Regra dos 3 Pontos (parábola)
- Created by
- Renato Passos, Eng. de Software
- Reviewed by
- Renato Passos, Eng. de Software
Last updated: Apr 18, 2026
Formula
Lagrange
About this calculator
The 3-Point Rule (parabola) calculator determines the quadratic polynomial that passes exactly through three given points on the Cartesian plane. Using Lagrange interpolation, it finds the quadratic function that best fits the points, allowing estimation of intermediate values or trend analysis. It is a useful tool for students and professionals working with numerical analysis, curve modeling, and function approximation.
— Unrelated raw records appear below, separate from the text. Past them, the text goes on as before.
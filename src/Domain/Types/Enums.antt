-- ===== src/Domain/Types/Enums.antt =====
-- internal/domain/types.go: the constants of the event log and the projection, as data types.
-- A named string type is a data type of its constants; `unset` is the empty string, Go's zero
-- value, and `other s` any further string `s` that a stored record may hold.
use agent_dock_coedx5_6sol.Prelude.{
  ℕ, String, ◌≡◌, refl, ◌↔◌, Bool, true, false, [], ◌∷◌, get_or, Eq, coded_beq, coded_beq_iff,
  derived_eq, String_discrete,
}

pub data DesiredState : Type 0 where
  unset running paused cancelled : DesiredState
  other : String → DesiredState

abbrev pub desired_code : DesiredState → ℕ
desired_code DesiredState.unset = 0
desired_code DesiredState.running = 1
desired_code DesiredState.paused = 2
desired_code DesiredState.cancelled = 3
desired_code (DesiredState.other s) = 4

abbrev pub desired_text : DesiredState → String
desired_text (DesiredState.other s) = s
desired_text _ = ""

desired_decode : ℕ → String → DesiredState
desired_decode n s =
    get_or
      (DesiredState.unset ∷ DesiredState.running ∷ DesiredState.paused ∷ DesiredState.cancelled
        ∷ [])
      n (DesiredState.other s)

desired_decode-code : (x : DesiredState) → desired_decode (desired_code x) (desired_text x) ≡ x
unfolding desired_decode
desired_decode-code (DesiredState.other s) = refl
desired_decode-code _ = refl

pub desired_beq_iff :
    (x y : DesiredState) → (coded_beq desired_code desired_text x y ≡ true) ↔ (x ≡ y)
desired_beq_iff = coded_beq_iff desired_code desired_text desired_decode desired_decode-code

instance abbrev pub desired_eq : Eq DesiredState
desired_eq = record { equal = coded_beq desired_code desired_text; equal_iff = desired_beq_iff }

-- DesiredState.Valid
abbrev pub desired_valid : DesiredState → Bool
desired_valid DesiredState.running = true
desired_valid DesiredState.paused = true
desired_valid DesiredState.cancelled = true
desired_valid _ = false

pub data Status : Type 0 where
  unset queued provisioning reasoning acting verifying repairing : Status
  waiting_approval paused succeeded failed cancelled : Status
  other : String → Status

abbrev pub status_code : Status → ℕ
status_code Status.unset = 0
status_code Status.queued = 1
status_code Status.provisioning = 2
status_code Status.reasoning = 3
status_code Status.acting = 4
status_code Status.verifying = 5
status_code Status.repairing = 6
status_code Status.waiting_approval = 7
status_code Status.paused = 8
status_code Status.succeeded = 9
status_code Status.failed = 10
status_code Status.cancelled = 11
status_code (Status.other s) = 12

abbrev pub status_text : Status → String
status_text (Status.other s) = s
status_text _ = ""

status_decode : ℕ → String → Status
status_decode n s =
    get_or
      (Status.unset ∷ Status.queued ∷ Status.provisioning ∷ Status.reasoning ∷ Status.acting
        ∷ Status.verifying ∷ Status.repairing ∷ Status.waiting_approval ∷ Status.paused
        ∷ Status.succeeded ∷ Status.failed ∷ Status.cancelled ∷ [])
      n (Status.other s)

status_decode-code : (x : Status) → status_decode (status_code x) (status_text x) ≡ x
unfolding status_decode
status_decode-code (Status.other s) = refl
status_decode-code _ = refl

pub status_beq_iff : (x y : Status) → (coded_beq status_code status_text x y ≡ true) ↔ (x ≡ y)
status_beq_iff = coded_beq_iff status_code status_text status_decode status_decode-code

instance abbrev pub status_eq : Eq Status
status_eq = record { equal = coded_beq status_code status_text; equal_iff = status_beq_iff }

-- Status.Terminal
abbrev pub terminal : Status → Bool
terminal Status.succeeded = true
terminal Status.failed = true
terminal Status.cancelled = true
terminal _ = false

pub data CommandType : Type 0 where
  unset noop start_attempt provision_workspace run_reasoner apply_patch : CommandType
  verify succeed_run fail_run cancel_run : CommandType
  other : String → CommandType

abbrev pub command_type_code : CommandType → ℕ
command_type_code CommandType.unset = 0
command_type_code CommandType.noop = 1
command_type_code CommandType.start_attempt = 2
command_type_code CommandType.provision_workspace = 3
command_type_code CommandType.run_reasoner = 4
command_type_code CommandType.apply_patch = 5
command_type_code CommandType.verify = 6
command_type_code CommandType.succeed_run = 7
command_type_code CommandType.fail_run = 8
command_type_code CommandType.cancel_run = 9
command_type_code (CommandType.other s) = 10

abbrev pub command_type_text : CommandType → String
command_type_text (CommandType.other s) = s
command_type_text _ = ""

command_type_decode : ℕ → String → CommandType
command_type_decode n s =
    get_or
      (CommandType.unset ∷ CommandType.noop ∷ CommandType.start_attempt
        ∷ CommandType.provision_workspace ∷ CommandType.run_reasoner ∷ CommandType.apply_patch
        ∷ CommandType.verify ∷ CommandType.succeed_run ∷ CommandType.fail_run
        ∷ CommandType.cancel_run ∷ [])
      n (CommandType.other s)

command_type_decode-code :
    (x : CommandType) → command_type_decode (command_type_code x) (command_type_text x) ≡ x
unfolding command_type_decode
command_type_decode-code (CommandType.other s) = refl
command_type_decode-code _ = refl

pub command_type_beq_iff :
    (x y : CommandType) → (coded_beq command_type_code command_type_text x y ≡ true) ↔ (x ≡ y)
command_type_beq_iff =
    coded_beq_iff command_type_code command_type_text command_type_decode command_type_decode-code

instance abbrev pub command_type_eq : Eq CommandType
command_type_eq = record {
  equal = coded_beq command_type_code command_type_text;
  equal_iff = command_type_beq_iff;
}

pub data IdempotencyScope : Type 0 where
  unset scoped unsafe : IdempotencyScope
  other : String → IdempotencyScope

abbrev pub scope_code : IdempotencyScope → ℕ
scope_code IdempotencyScope.unset = 0
scope_code IdempotencyScope.scoped = 1
scope_code IdempotencyScope.unsafe = 2
scope_code (IdempotencyScope.other s) = 3

abbrev pub scope_text : IdempotencyScope → String
scope_text (IdempotencyScope.other s) = s
scope_text _ = ""

scope_decode : ℕ → String → IdempotencyScope
scope_decode n s =
    get_or (IdempotencyScope.unset ∷ IdempotencyScope.scoped ∷ IdempotencyScope.unsafe ∷ []) n
      (IdempotencyScope.other s)

scope_decode-code : (x : IdempotencyScope) → scope_decode (scope_code x) (scope_text x) ≡ x
unfolding scope_decode
scope_decode-code (IdempotencyScope.other s) = refl
scope_decode-code _ = refl

pub scope_beq_iff :
    (x y : IdempotencyScope) → (coded_beq scope_code scope_text x y ≡ true) ↔ (x ≡ y)
scope_beq_iff = coded_beq_iff scope_code scope_text scope_decode scope_decode-code

instance abbrev pub scope_eq : Eq IdempotencyScope
scope_eq = record { equal = coded_beq scope_code scope_text; equal_iff = scope_beq_iff }

-- IdempotencyScope.Valid
abbrev pub scope_valid : IdempotencyScope → Bool
scope_valid IdempotencyScope.scoped = true
scope_valid IdempotencyScope.unsafe = true
scope_valid _ = false

pub data ActionOutcome : Type 0 where
  unset failed ambiguous : ActionOutcome
  other : String → ActionOutcome

abbrev pub outcome_code : ActionOutcome → ℕ
outcome_code ActionOutcome.unset = 0
outcome_code ActionOutcome.failed = 1
outcome_code ActionOutcome.ambiguous = 2
outcome_code (ActionOutcome.other s) = 3

abbrev pub outcome_text : ActionOutcome → String
outcome_text (ActionOutcome.other s) = s
outcome_text _ = ""

outcome_decode : ℕ → String → ActionOutcome
outcome_decode n s =
    get_or (ActionOutcome.unset ∷ ActionOutcome.failed ∷ ActionOutcome.ambiguous ∷ []) n
      (ActionOutcome.other s)

outcome_decode-code : (x : ActionOutcome) → outcome_decode (outcome_code x) (outcome_text x) ≡ x
unfolding outcome_decode
outcome_decode-code (ActionOutcome.other s) = refl
outcome_decode-code _ = refl

pub outcome_beq_iff :
    (x y : ActionOutcome) → (coded_beq outcome_code outcome_text x y ≡ true) ↔ (x ≡ y)
outcome_beq_iff = coded_beq_iff outcome_code outcome_text outcome_decode outcome_decode-code

instance abbrev pub outcome_eq : Eq ActionOutcome
outcome_eq = record { equal = coded_beq outcome_code outcome_text; equal_iff = outcome_beq_iff }

pub data EventType : Type 0 where
  unset run_created desired_state_changed : EventType
  lease_acquired lease_renewed lease_expired : EventType
  attempt_started workspace_provision_planned workspace_provisioned : EventType
  reasoning_planned reasoning_completed : EventType
  tool_call_planned tool_call_completed tool_call_failed : EventType
  patch_produced verification_planned verification_passed verification_failed : EventType
  repair_scheduled approval_requested approval_resolved checkpoint_saved : EventType
  action_planned action_completed action_failed : EventType
  run_succeeded run_failed run_cancelled : EventType
  other : String → EventType

unfoldable pub EventType-discrete : Discrete EventType
unfolding String_discrete
EventType-discrete = hlevel String_discrete

instance abbrev pub event_type_eq : Eq EventType
unfolding EventType-discrete
event_type_eq = derived_eq EventType-discrete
It works based on the Lagrange interpolation formula for three points. The calculator receives coordinates (x1,y1), (x2,y2), and (x3,y3) and builds the polynomial P(x) = y1*L1(x) + y2*L2(x) + y3*L3(x), where each Li(x) is a Lagrange polynomial that equals 1 at its corresponding point and 0 at the others. The result is a parabola that can compute y for any x within or outside the given points' interval, with caution regarding extrapolation.
Use this calculator when you need to find a quadratic function that exactly fits three points, such as in physics (projectile trajectories), economics (quadratic costs), or engineering (calibration curves). It is ideal for interpolating intermediate values between known points, but avoid extrapolating too far beyond the interval, as the parabola may diverge quickly. Remember that Lagrange interpolation can suffer from Runge's phenomenon if points are not well distributed.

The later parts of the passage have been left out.